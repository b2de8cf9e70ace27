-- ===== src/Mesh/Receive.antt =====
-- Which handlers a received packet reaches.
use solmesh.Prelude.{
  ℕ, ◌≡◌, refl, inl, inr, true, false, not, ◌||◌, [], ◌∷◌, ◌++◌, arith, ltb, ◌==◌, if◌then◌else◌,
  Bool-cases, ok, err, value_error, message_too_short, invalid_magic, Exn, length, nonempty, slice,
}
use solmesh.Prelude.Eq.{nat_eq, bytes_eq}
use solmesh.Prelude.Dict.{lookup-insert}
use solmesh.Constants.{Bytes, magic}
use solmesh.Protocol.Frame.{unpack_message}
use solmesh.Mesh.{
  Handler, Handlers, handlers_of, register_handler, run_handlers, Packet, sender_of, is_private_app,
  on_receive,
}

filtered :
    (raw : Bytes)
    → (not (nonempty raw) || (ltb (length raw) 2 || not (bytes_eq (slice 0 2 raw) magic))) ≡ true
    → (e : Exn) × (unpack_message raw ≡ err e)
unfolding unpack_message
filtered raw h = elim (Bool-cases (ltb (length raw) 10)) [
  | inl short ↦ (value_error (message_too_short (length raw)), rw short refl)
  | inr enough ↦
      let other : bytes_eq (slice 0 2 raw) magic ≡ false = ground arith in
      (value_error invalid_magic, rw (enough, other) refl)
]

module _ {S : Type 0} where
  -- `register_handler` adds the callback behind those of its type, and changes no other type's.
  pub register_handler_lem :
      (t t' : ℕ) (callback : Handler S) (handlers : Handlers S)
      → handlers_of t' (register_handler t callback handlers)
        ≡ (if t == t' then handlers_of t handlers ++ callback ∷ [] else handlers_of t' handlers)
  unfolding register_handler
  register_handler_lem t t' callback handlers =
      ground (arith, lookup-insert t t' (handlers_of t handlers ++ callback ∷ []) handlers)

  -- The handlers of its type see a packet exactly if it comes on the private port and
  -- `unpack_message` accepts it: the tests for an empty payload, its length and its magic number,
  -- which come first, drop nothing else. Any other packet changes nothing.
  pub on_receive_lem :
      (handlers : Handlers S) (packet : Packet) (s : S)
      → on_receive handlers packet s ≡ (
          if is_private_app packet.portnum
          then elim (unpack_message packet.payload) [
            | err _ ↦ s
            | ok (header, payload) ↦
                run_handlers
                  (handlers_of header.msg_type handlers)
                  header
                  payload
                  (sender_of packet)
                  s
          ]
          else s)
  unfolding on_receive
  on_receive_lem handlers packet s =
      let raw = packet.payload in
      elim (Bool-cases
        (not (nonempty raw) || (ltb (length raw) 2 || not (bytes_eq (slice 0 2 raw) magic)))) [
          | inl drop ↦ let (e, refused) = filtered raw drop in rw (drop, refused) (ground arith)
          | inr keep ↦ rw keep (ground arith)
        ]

--

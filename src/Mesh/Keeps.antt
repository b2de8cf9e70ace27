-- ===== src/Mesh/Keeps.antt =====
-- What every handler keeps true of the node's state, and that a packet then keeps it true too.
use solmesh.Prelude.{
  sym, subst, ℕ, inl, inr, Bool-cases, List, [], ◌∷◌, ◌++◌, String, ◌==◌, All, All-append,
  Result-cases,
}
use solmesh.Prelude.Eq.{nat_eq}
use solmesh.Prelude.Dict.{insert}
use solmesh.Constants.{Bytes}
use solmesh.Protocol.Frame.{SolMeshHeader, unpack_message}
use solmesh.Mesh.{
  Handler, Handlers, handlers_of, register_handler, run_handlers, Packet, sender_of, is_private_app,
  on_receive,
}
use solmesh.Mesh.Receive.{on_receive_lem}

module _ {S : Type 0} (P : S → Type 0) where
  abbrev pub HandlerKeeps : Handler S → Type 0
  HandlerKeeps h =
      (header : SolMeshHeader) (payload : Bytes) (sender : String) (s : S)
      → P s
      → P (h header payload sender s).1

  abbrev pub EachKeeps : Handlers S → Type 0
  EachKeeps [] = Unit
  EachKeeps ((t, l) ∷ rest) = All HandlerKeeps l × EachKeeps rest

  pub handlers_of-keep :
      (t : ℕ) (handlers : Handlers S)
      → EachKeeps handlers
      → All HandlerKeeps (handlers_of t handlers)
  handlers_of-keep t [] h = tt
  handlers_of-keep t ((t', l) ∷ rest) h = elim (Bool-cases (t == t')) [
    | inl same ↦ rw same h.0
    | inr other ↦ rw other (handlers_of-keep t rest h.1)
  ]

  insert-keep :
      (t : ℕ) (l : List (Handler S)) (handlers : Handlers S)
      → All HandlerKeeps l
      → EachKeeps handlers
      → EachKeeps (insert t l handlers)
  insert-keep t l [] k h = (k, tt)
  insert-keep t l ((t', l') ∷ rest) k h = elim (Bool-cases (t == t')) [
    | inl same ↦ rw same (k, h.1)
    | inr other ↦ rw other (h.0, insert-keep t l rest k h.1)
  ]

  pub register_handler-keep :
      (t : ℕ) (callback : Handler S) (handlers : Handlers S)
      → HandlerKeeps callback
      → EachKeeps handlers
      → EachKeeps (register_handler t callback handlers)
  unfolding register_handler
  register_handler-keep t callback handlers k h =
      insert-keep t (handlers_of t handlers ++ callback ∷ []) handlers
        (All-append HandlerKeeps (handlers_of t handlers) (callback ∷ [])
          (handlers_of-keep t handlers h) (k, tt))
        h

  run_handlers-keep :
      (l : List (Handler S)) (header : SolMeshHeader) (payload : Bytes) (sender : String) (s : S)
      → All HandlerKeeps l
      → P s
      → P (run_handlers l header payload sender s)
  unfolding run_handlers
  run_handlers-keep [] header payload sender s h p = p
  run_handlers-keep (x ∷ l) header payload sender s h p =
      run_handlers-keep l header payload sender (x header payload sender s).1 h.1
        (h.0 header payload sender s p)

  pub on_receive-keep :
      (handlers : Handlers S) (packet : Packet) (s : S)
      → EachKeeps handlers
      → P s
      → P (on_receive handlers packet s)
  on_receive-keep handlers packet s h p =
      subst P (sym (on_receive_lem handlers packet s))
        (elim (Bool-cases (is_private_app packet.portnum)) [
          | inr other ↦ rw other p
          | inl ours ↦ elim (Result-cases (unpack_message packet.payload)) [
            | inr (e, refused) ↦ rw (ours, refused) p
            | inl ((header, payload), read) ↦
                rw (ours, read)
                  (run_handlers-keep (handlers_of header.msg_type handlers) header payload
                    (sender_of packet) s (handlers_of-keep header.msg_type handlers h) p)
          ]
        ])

Task description >> Beginning with the line above that contains "insert-keep t l ((t', l')", copy each line exactly up to and including the line that contains "(All-append HandlerKeeps (handlers_of", and go no further.

Completed exercise >>
  insert-keep t l ((t', l') ∷ rest) k h = elim (Bool-cases (t == t')) [
    | inl same ↦ rw same (k, h.1)
    | inr other ↦ rw other (h.0, insert-keep t l rest k h.1)
  ]

  pub register_handler-keep :
      (t : ℕ) (callback : Handler S) (handlers : Handlers S)
      → HandlerKeeps callback
      → EachKeeps handlers
      → EachKeeps (register_handler t callback handlers)
  unfolding register_handler
  register_handler-keep t callback handlers k h =
      insert-keep t (handlers_of t handlers ++ callback ∷ []) handlers
        (All-append HandlerKeeps (handlers_of t handlers) (callback ∷ [])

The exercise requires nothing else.